Radiating outwards, the next ring incorporates Open-Mindedness, Risk-Taking and Attentiveness to Diversity. The other two rings feature Global Awareness, Historical Perspective, Collaboration Across Cultures and Intercultural Capability.
New perspectives and learning curves
Stanley Wang, Dr Stephan Muller – Deputy Principal (Education Research & International), Dr Nonie Tuxen – Head of International Outlook Senior School, the 2025 International Outlook Team, and enthusiastic students developed activities to build each of these eight global competence dimensions.
That team has now expanded to incorporate three new Deputy Heads of International Outlook for the ELC, Junior School and Middle School across Haileybury.
And they are already bringing fresh perspectives.
For example, inspired by international institutions that have clocks showing the time in capital cities around the world, students wanted to create a similar effect in the Haileybury cafeteria at Keysborough. With the help of Visual Arts students and a 3D printer, they designed a clock to represent the Melbourne campus, another to represent Haileybury Rendall School in Darwin, and a clock to represent Haileybury Tianjin in China.
“As the designs were ready for approval, I asked the students if they’d consulted with the student leaders from the schools in Darwin and Tianjin – because if the clock was representing them, it was important they were part of the dialogue,” says Stanley.
“The clock designs were sent to Darwin and the feedback from students there was that none of the plants and animals on the Darwin clock design existed in the Northern Territory. That was far from being a failure – it was a great lesson. It highlighted those Global Competence Model™ concepts like open-mindedness, attentiveness to diversity and the importance of collaboration across cultures.”
Playing games and cultural primers
Other initiatives trialled in 2025 included an International Outlook Club and video exchanges between students and Haileybury’s partner schools in countries such as Vanuatu, Timor Leste and China.
During Languages and Cultures Week, senior students learned to play games from around the world, taught those games to younger students and shared interesting facts about the countries they came from.

Students learned to play ‘Finska’ from Finland – an outdoor team game where you score points by throwing a wooden log and knocking down numbered pins. They also mastered the popular Gonggi from Korea and a tricky stacking game from Japan called ‘Daruma.’
Haileybury’s extensive Explore and Expeditions program is also raising its global competence focus.

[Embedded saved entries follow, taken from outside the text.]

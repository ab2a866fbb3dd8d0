-- ===== src/Db/History/Latest.antt =====
-- GetItemsLatest of tide_server/db/history.go: the newest row of each item.
use tidegauge_backend.Prelude.{
  String, List, [], ◌∷◌, false, Option, none, some, lookup, string_keys, nat_keys, ◌==◌, ==_refl,
  ◌≡◌, refl, ◌⊎◌, inl, inr, arith, Bool-cases,
}
use mathlib.Core.Path.{subst}
use tidegauge_backend.Prelude.Int.{ℤ, ltb_ℤ, int_keys, ltb_ℤ-irrefl, ltb_ℤ-trans}
use tidegauge_backend.Types.{Uuid, UnixMs, Float64}
use tidegauge_backend.Exec.{Result, ok, err}
use tidegauge_backend.Db.{Database, DataTable, RowKey, row_keys, contains_illegal_character}
use tidegauge_backend.Db.History.{
  get_items_latest, items_latest_in, with_answer, latest_of, max_place, max_option,
}
use tidegauge_backend.Db.History.Saved.{stored, key_of}

-- `t` is there, and not before `at`.
abbrev NotBefore : Option ℤ → ℤ → Type 0
NotBefore none at = ⊥
NotBefore (some t) at = ltb_ℤ t at ≡ false

max_option-new : (o : Option ℤ) (x : ℤ) → NotBefore (max_option o x) x
max_option-new none x = ltb_ℤ-irrefl x
max_option-new (some y) x = elim (Bool-cases (ltb_ℤ y x)) [
  | inl less ↦ rw less (ltb_ℤ-irrefl x)
  | inr more ↦ rw more more
]

max_option-old : (o : Option ℤ) (x at : ℤ) → NotBefore o at → NotBefore (max_option o x) at
max_option-old none x at h = elim h [ ]
max_option-old (some y) x at h = elim (Bool-cases (ltb_ℤ y x)) [
  | inl less ↦ rw less (elim (Bool-cases (ltb_ℤ x at)) [
    | inl early ↦ absurd (cc (ltb_ℤ-trans y x at less early))
    | inr late ↦ late
  ])
  | inr more ↦ rw more h
]

max_place-bound :
    {V : Type 0} (station_id : Uuid) (at : ℤ) (v : V) (rows : List (RowKey × V))
    → lookup (key_of station_id at) rows ≡ some v
    → NotBefore (max_place station_id rows) at
unfolding max_place
max_place-bound station_id at v [] h = cc
max_place-bound station_id at v ((k, w) ∷ rows) h = elim (Bool-cases (k == key_of station_id at)) [
  | inl same ↦
      let e : k ≡ key_of station_id at = (row_keys.beq_iff k (key_of station_id at)).0 same in
      rw e (rw (==_refl station_id) (max_option-new (max_place station_id rows) at))
  | inr other ↦ elim (Bool-cases (k.station_id == station_id)) [
    | inl here ↦ rw here (
        max_option-old (max_place station_id rows) k.place at
          (max_place-bound station_id at v rows (rw other at h)))
    | inr there ↦ rw there (max_place-bound station_id at v rows (rw other at h))
  ]
]

-- What `max` gives is the time of a row.
max_option-cases : (o : Option ℤ) (x : ℤ) → (max_option o x ≡ some x) ⊎ (max_option o x ≡ o)
max_option-cases none x = inl refl
max_option-cases (some y) x = elim (Bool-cases (ltb_ℤ y x)) [
  | inl less ↦ inl (rw less)
  | inr more ↦ inr (rw more)
]

abbrev Held : {V : Type 0} → Uuid → List (RowKey × V) → Option ℤ → Type 0
Held station_id rows none = Unit
Held {V} station_id rows (some t) = (v : V) × (lookup (key_of station_id t) rows ≡ some v)

Held-cons :
    {V : Type 0} (station_id : Uuid) (k : RowKey) (w : V) (rows : List (RowKey × V)) (o : Option ℤ)
    → Held station_id rows o
    → Held station_id ((k, w) ∷ rows) o
Held-cons station_id k w rows none h = tt
Held-cons station_id k w rows (some t) h = elim (Bool-cases (k == key_of station_id t)) [
  | inl same ↦ (w, rw same)
  | inr other ↦ (h.0, rw other h.1)
]

max_place-Held :
    {V : Type 0} (station_id : Uuid) (rows : List (RowKey × V))
    → Held station_id rows (max_place station_id rows)
unfolding max_place
max_place-Held station_id [] = tt
max_place-Held station_id ((k, w) ∷ rows) = elim (Bool-cases (k.station_id == station_id)) [
  | inl here ↦
      let e : k.station_id ≡ station_id = (nat_keys.beq_iff k.station_id station_id).0 here in
      let p : k ≡ key_of station_id k.place = ground arith in
      rw here (elim (max_option-cases (max_place station_id rows) k.place) [
        | inl new ↦ rw new (w, rw ((row_keys.beq_iff k (key_of station_id k.place)).1 p))
        | inr old ↦ rw old (
            Held-cons station_id k w rows (max_place station_id rows)
              (max_place-Held station_id rows))
      ])
  | inr there ↦
      rw there
        (Held-cons station_id k w rows (max_place station_id rows) (max_place-Held station_id rows))
]

-- What GetItemsLatest answers for one item.
pub record IsLatest (db : Database) (station_id : Uuid) (item_name : String) (before t : UnixMs)
    : Type 0 where
  -- No stored row is newer.
  pub bound :
      (at : UnixMs) (v : Float64) → stored db station_id item_name at ≡ some v → ltb_ℤ t at ≡ false
  -- It is the time of a stored row, or the value that the caller gave.
  pub attained : (t ≡ before) ⊎ ((v : Float64) × (stored db station_id item_name t ≡ some v))

latest_of-IsLatest :
    (db : Database) (station_id : Uuid) (item_name : String) (before : UnixMs)
    → IsLatest db station_id item_name before (latest_of db station_id item_name before)
unfolding latest_of stored
latest_of-IsLatest db station_id item_name before = table (lookup item_name db.tables) refl
  where
    row :
        (rows : DataTable) (o : Option ℤ)
        → max_place station_id rows ≡ o
        → lookup item_name db.tables ≡ some rows
        → IsLatest db station_id item_name before (elim o [ none ↦ before | some t ↦ t ])
    row rows none e h = record {
      bound = λ at v s. absurd (
          subst (λ (x : Option ℤ). NotBefore x at) e
            (max_place-bound station_id at v rows (rw h at s)));
      attained = inl refl;
    }
    row rows (some t) e h = record {
      bound = λ at v s.
          subst (λ (x : Option ℤ). NotBefore x at) e
            (max_place-bound station_id at v rows (rw h at s));
      attained = inr (
          rw h
            (subst (λ (x : Option ℤ). Held station_id rows x) e (max_place-Held station_id rows)));
    }

    table :
        (o : Option DataTable)
        → lookup item_name db.tables ≡ o
        → IsLatest db station_id item_name before (elim o [
          | none ↦ before
          | some rows ↦ elim (max_place station_id rows) [ none ↦ before | some t ↦ t ]
        ])
    table none h = record { bound = λ at v s. absurd (cc (rw h at s)); attained = inl refl }
    table (some rows) h = row rows (max_place station_id rows) refl h

with_answer-ok :
    (a : String × UnixMs) (r : Result (List (String × UnixMs))) (latest : List (String × UnixMs))
    → with_answer a r ≡ ok latest
    → (others : List (String × UnixMs)) × (r ≡ ok others) × (latest ≡ a ∷ others)
with_answer-ok a (ok others) latest h = (others, refl, cc)
with_answer-ok a (err x) latest h = absurd (cc h)

items_latest_in_lem :
    (db : Database) (station_id : Uuid) (m latest : List (String × UnixMs))
    → items_latest_in db station_id m ≡ ok latest
    → (item_name : String) (before : UnixMs) → lookup item_name m ≡ some before
    → (t : UnixMs) × (lookup item_name latest ≡ some t) × IsLatest db station_id item_name before t
unfolding items_latest_in
items_latest_in_lem db station_id [] latest e i b h = absurd (cc h)
items_latest_in_lem db station_id ((j, own) ∷ rest) latest e i b h =
    elim (Bool-cases (contains_illegal_character j)) [
      | inl bad ↦ absurd (cc (rw bad at e))
      | inr good ↦
          let (others, r, l) =
            with_answer-ok (j, latest_of db station_id j own) (items_latest_in db station_id rest)
              latest (rw good at e) in
          rw l (elim (Bool-cases (j == i)) [
            | inl same ↦
                let p : j ≡ i = (string_keys.beq_iff j i).0 same in
                let q : some own ≡ some b = rw same at h in
                let o : own ≡ b = cc in
                (
                  latest_of db station_id j own,
                  rw same,
                  rw (← p, ← o) (latest_of-IsLatest db station_id j own),
                )
            | inr other ↦
                let rec = items_latest_in_lem db station_id rest others r i b (rw other at h) in
                (rec.0, rw other rec.1, rec.2)
          ])
    ]

-- Where it succeeds, every item asked for has an answer: a time than which no stored row of the
-- station is newer, and which is the time of a stored row or else the value given. The database is
-- only read.
pub get_items_latest_lem :
    (station_id : Uuid) (m latest : List (String × UnixMs)) (db : Database) (item_name : String)
    (before : UnixMs)
    → (get_items_latest station_id m db).0 ≡ ok latest
    → lookup item_name m ≡ some before
    → ((get_items_latest station_id m db).1 ≡ db)
      × ((t : UnixMs) × (lookup item_name latest ≡ some t)
          × IsLatest db station_id item_name before t)
unfolding get_items_latest
get_items_latest_lem station_id m latest db item_name before e asked =
    (refl, items_latest_in_lem db station_id m latest e item_name before asked)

Any students taking part in an overseas trip now complete a pre-departure briefing session that brings them up to speed on key issues in their destination country and important cultural traditions, behaviours and expectations– such as not using the priority seat on public transport in Taiwan.
Students also complete a cultural primer workbook.
“Our pilot cultural primer experience was in India last year and students discussed topics like colonialism, linguistic and religious diversity, and social inequity. Each evening, different students divided into sub-groups and led a discussion about what they’d seen that day,” says Stanley.
More to come

The Global Competence Model™ and the activities that will support it are only just beginning. Along the way, Stanley and his now six-person team across the school will assess outcomes and feedback to ensure that global competence becomes second nature to every student at Haileybury.
“We want our students to be open-minded and to think about their contribution beyond Australia,” he says.
“We want to produce a globally competent next generation who understands that people might hold fundamentally different values, who respects differences, who knows the history behind different cultures and who can adjust, collaborate and include others.”